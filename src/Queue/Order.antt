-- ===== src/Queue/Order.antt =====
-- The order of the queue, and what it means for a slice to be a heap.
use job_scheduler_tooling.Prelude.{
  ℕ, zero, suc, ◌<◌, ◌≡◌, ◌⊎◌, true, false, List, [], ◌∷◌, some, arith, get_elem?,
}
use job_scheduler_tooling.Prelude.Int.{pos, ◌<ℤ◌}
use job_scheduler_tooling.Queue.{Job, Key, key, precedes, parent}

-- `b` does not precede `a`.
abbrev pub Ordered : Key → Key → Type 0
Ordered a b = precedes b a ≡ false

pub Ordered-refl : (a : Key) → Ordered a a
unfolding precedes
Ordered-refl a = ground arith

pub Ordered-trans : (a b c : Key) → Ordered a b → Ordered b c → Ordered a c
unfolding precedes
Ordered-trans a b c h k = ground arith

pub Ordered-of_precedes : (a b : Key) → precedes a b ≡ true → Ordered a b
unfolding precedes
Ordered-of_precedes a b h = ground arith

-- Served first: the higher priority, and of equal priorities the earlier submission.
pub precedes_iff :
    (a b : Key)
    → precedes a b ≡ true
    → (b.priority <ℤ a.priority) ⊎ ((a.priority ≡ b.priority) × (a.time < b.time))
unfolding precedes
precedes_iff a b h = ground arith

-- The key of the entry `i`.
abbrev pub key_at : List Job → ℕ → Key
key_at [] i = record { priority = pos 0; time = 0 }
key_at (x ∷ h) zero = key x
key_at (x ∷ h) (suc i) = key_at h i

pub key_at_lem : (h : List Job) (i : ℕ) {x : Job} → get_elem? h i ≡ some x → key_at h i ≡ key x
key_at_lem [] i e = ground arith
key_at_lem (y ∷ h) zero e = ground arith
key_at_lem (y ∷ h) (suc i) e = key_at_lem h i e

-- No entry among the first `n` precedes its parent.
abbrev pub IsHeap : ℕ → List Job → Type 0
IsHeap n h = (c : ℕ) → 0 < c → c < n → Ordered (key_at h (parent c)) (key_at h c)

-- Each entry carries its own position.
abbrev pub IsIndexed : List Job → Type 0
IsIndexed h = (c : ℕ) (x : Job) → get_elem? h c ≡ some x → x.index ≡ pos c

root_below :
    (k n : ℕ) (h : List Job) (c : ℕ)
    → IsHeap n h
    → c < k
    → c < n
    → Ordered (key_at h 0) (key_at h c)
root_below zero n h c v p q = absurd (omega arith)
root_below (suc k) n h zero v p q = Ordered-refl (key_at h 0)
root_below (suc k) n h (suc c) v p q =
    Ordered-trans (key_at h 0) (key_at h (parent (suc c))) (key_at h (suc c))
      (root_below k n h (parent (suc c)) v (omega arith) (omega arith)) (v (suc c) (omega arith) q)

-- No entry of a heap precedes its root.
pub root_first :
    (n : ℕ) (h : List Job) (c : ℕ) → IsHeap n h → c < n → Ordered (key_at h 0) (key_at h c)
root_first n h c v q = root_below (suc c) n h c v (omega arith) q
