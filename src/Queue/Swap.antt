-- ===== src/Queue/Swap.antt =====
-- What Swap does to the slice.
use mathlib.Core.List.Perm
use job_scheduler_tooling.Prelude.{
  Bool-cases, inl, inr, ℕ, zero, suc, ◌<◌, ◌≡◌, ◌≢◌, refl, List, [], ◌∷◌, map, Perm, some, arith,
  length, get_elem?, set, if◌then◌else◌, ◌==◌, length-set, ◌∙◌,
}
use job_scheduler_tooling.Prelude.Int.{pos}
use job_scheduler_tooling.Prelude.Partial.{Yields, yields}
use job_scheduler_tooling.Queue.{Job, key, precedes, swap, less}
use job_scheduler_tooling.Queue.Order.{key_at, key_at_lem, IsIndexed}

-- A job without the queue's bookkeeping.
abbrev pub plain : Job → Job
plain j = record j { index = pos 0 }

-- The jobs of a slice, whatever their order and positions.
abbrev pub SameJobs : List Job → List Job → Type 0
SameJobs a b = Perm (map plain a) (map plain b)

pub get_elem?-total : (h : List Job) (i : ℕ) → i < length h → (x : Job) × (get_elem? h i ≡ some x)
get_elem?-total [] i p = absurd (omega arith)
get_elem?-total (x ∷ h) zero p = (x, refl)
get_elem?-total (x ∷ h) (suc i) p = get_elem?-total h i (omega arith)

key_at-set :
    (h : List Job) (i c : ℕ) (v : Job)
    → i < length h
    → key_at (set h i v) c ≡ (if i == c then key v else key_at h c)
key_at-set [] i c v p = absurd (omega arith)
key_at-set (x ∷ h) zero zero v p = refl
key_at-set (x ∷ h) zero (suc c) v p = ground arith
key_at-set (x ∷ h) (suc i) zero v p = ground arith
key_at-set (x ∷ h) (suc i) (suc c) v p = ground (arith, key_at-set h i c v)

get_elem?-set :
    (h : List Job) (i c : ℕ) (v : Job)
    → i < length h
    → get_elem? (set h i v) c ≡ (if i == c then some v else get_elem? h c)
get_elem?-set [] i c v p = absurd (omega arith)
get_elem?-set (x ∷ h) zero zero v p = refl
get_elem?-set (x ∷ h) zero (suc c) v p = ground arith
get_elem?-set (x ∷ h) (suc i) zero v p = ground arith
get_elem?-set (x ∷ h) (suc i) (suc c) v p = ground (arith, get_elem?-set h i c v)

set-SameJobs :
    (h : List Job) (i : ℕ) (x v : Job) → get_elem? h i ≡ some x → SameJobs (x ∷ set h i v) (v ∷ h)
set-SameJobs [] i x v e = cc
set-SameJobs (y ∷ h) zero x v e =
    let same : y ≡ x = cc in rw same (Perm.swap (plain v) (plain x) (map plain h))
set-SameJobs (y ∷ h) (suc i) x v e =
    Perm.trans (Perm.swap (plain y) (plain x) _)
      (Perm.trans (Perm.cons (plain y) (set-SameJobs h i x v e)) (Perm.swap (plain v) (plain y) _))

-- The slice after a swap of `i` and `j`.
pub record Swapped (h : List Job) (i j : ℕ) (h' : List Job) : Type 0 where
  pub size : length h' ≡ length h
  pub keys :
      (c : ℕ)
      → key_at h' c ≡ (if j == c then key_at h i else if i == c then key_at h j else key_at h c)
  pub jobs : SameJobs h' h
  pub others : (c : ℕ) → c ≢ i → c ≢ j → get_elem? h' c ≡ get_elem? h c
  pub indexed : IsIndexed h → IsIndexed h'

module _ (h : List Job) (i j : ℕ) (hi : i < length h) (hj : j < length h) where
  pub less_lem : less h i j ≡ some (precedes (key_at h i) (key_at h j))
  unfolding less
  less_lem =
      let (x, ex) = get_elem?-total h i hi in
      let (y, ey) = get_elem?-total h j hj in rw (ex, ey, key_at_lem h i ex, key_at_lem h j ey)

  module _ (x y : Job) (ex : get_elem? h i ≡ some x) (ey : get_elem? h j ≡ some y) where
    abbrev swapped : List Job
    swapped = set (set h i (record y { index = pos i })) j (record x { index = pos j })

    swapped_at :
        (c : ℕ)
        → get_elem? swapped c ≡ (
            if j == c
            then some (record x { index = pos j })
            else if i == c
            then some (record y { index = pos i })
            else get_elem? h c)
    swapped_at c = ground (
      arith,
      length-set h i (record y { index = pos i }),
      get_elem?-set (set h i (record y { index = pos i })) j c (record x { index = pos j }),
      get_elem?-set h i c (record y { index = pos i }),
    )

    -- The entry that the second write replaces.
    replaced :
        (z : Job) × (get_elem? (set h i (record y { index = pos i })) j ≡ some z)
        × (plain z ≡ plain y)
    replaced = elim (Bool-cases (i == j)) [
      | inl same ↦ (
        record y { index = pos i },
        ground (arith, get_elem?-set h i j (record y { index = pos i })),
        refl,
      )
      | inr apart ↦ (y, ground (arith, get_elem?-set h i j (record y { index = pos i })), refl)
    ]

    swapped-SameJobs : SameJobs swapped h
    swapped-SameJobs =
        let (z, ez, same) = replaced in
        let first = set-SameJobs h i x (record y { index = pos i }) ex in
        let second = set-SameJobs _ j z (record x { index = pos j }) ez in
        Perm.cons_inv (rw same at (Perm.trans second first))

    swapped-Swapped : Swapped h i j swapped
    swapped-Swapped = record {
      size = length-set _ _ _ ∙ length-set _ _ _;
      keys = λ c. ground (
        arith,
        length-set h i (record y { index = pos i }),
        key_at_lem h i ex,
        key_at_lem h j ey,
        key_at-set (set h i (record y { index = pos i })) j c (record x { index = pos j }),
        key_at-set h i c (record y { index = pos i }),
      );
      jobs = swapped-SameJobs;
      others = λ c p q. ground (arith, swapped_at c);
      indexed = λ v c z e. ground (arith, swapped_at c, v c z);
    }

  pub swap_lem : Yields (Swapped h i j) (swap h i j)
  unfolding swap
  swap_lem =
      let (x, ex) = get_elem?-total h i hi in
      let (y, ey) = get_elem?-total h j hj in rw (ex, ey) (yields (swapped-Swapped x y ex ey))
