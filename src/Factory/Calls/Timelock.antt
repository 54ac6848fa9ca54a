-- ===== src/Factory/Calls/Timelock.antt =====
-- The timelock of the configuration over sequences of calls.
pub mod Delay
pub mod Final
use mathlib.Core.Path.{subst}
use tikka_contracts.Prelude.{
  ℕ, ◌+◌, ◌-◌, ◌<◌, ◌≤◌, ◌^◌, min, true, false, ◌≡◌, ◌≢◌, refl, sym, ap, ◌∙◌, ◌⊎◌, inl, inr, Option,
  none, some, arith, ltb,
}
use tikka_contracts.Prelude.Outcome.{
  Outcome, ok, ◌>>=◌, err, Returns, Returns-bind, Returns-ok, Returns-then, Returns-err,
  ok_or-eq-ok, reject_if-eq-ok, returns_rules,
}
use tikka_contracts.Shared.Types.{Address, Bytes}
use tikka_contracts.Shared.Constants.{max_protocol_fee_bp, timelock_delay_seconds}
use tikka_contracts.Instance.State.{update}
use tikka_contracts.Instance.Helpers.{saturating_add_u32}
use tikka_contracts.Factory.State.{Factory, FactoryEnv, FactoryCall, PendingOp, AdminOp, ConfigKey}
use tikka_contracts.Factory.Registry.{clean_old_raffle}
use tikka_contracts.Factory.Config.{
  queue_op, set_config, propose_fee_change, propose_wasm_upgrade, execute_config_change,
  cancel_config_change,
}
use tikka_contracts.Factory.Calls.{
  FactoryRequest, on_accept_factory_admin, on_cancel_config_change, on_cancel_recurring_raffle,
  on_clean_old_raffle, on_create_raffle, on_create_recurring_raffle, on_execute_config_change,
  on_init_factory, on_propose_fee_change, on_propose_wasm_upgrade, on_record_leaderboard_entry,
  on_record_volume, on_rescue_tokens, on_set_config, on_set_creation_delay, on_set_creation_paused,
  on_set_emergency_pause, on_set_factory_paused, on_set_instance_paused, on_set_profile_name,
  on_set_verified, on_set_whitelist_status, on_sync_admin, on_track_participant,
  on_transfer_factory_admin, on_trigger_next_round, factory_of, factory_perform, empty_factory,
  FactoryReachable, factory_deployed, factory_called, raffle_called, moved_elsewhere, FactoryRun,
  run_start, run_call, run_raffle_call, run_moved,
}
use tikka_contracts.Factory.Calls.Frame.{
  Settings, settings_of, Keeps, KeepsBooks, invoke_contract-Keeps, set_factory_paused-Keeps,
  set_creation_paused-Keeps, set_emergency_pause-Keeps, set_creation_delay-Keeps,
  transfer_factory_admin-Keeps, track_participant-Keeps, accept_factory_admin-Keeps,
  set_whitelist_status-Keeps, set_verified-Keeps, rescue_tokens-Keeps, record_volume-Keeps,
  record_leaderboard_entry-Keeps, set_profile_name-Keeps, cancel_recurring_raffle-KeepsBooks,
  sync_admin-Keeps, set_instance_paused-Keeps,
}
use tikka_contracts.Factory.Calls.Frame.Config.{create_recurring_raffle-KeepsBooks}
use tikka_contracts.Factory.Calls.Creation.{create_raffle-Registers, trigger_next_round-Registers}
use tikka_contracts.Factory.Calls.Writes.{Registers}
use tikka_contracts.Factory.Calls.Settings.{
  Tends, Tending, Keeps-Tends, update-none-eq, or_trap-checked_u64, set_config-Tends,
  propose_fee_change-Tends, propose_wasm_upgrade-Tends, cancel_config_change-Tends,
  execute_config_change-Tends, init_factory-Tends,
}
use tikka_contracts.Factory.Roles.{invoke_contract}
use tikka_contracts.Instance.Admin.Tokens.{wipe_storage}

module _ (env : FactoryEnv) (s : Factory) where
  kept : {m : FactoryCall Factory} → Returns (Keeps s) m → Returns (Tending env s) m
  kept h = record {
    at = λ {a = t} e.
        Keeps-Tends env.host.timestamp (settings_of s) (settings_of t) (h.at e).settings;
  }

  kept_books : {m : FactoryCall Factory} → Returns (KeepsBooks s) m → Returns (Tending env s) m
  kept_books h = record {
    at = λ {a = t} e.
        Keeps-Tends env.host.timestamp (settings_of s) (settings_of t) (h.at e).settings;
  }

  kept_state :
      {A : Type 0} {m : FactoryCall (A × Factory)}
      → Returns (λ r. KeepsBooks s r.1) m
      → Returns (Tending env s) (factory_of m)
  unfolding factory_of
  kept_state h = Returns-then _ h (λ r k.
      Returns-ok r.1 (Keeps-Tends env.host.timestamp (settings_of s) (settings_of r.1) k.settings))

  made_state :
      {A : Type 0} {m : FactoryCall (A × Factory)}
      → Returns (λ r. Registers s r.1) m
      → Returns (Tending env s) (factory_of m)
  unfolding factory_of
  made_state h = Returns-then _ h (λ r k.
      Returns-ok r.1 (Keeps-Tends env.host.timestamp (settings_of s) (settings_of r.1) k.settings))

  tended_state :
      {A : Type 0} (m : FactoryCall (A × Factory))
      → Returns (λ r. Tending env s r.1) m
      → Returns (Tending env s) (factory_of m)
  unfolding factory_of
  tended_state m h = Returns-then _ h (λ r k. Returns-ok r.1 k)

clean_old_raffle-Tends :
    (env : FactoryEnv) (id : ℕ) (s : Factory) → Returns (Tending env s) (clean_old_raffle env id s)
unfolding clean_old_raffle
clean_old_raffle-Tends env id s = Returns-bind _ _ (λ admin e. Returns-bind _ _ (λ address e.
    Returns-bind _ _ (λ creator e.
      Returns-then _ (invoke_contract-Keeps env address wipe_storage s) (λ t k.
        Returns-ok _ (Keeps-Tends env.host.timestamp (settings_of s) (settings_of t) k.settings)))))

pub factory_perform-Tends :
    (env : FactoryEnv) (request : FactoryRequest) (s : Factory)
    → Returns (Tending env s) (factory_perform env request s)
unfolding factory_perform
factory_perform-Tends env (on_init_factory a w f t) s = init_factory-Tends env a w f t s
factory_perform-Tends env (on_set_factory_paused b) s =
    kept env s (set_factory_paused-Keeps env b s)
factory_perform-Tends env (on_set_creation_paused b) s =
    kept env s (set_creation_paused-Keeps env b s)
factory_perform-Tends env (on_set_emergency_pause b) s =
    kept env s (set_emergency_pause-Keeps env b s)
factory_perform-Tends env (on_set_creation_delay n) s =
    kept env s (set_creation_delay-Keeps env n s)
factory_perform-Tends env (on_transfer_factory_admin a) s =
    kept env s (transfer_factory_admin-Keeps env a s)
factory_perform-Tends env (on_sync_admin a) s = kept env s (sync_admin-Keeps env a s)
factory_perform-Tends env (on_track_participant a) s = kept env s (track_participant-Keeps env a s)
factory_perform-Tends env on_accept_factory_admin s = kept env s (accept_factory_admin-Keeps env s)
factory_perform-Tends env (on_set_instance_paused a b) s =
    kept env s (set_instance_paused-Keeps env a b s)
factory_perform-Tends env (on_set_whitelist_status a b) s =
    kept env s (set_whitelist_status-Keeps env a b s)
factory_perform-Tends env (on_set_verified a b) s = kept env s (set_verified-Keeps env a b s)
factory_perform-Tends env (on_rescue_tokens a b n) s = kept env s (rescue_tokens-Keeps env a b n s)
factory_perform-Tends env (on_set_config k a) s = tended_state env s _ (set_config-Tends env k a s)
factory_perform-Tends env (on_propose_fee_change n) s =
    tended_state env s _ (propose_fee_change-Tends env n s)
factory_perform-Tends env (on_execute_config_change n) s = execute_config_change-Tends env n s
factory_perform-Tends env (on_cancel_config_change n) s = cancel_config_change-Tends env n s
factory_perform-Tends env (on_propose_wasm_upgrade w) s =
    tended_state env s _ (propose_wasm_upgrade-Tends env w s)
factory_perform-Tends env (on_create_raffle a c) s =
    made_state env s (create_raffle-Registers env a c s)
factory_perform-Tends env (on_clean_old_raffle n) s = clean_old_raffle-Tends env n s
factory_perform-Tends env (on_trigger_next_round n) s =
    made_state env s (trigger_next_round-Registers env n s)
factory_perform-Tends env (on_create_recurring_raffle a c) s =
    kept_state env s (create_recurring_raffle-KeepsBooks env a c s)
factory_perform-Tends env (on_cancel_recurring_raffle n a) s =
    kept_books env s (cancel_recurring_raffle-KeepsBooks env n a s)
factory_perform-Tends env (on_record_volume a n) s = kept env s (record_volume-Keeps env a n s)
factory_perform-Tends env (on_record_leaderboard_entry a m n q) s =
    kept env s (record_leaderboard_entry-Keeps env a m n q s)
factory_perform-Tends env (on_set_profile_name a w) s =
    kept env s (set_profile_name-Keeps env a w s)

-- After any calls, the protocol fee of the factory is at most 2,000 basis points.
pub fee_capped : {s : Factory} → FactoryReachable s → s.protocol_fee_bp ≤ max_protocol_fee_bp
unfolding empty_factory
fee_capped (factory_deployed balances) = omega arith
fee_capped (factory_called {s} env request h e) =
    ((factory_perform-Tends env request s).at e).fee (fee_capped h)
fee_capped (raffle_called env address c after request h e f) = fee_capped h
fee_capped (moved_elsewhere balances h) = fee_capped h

**HOW TO COMPLETE THIS TASK**
Please give again only the lines from the start of the material through the line holding "key_at_lem (y ∷ h) (suc", exactly as they are written.

**WRITTEN RESPONSE**
filename src/Queue/Order.antt
-- ===== src/Queue/Order.antt =====
-- The order of the queue, and what it means for a slice to be a heap.
use job_scheduler_tooling.Prelude.{
  ℕ, zero, suc, ◌<◌, ◌≡◌, ◌⊎◌, true, false, List, [], ◌∷◌, some, arith, get_elem?,
}
use job_scheduler_tooling.Prelude.Int.{pos, ◌<ℤ◌}
use job_scheduler_tooling.Queue.{Job, Key, key, precedes, parent}

-- `b` does not precede `a`.
abbrev pub Ordered : Key → Key → Type 0
Ordered a b = precedes b a ≡ false

pub Ordered-refl : (a : Key) → Ordered a a
unfolding precedes
Ordered-refl a = ground arith

pub Ordered-trans : (a b c : Key) → Ordered a b → Ordered b c → Ordered a c
unfolding precedes
Ordered-trans a b c h k = ground arith

pub Ordered-of_precedes : (a b : Key) → precedes a b ≡ true → Ordered a b
unfolding precedes
Ordered-of_precedes a b h = ground arith

-- Served first: the higher priority, and of equal priorities the earlier submission.
pub precedes_iff :
    (a b : Key)
    → precedes a b ≡ true
    → (b.priority <ℤ a.priority) ⊎ ((a.priority ≡ b.priority) × (a.time < b.time))
unfolding precedes
precedes_iff a b h = ground arith

-- The key of the entry `i`.
abbrev pub key_at : List Job → ℕ → Key
key_at [] i = record { priority = pos 0; time = 0 }
key_at (x ∷ h) zero = key x
key_at (x ∷ h) (suc i) = key_at h i

pub key_at_lem : (h : List Job) (i : ℕ) {x : Job} → get_elem? h i ≡ some x → key_at h i ≡ key x
key_at_lem [] i e = ground arith
key_at_lem (y ∷ h) zero e = ground arith
key_at_lem (y ∷ h) (suc i) e = key_at_lem h i e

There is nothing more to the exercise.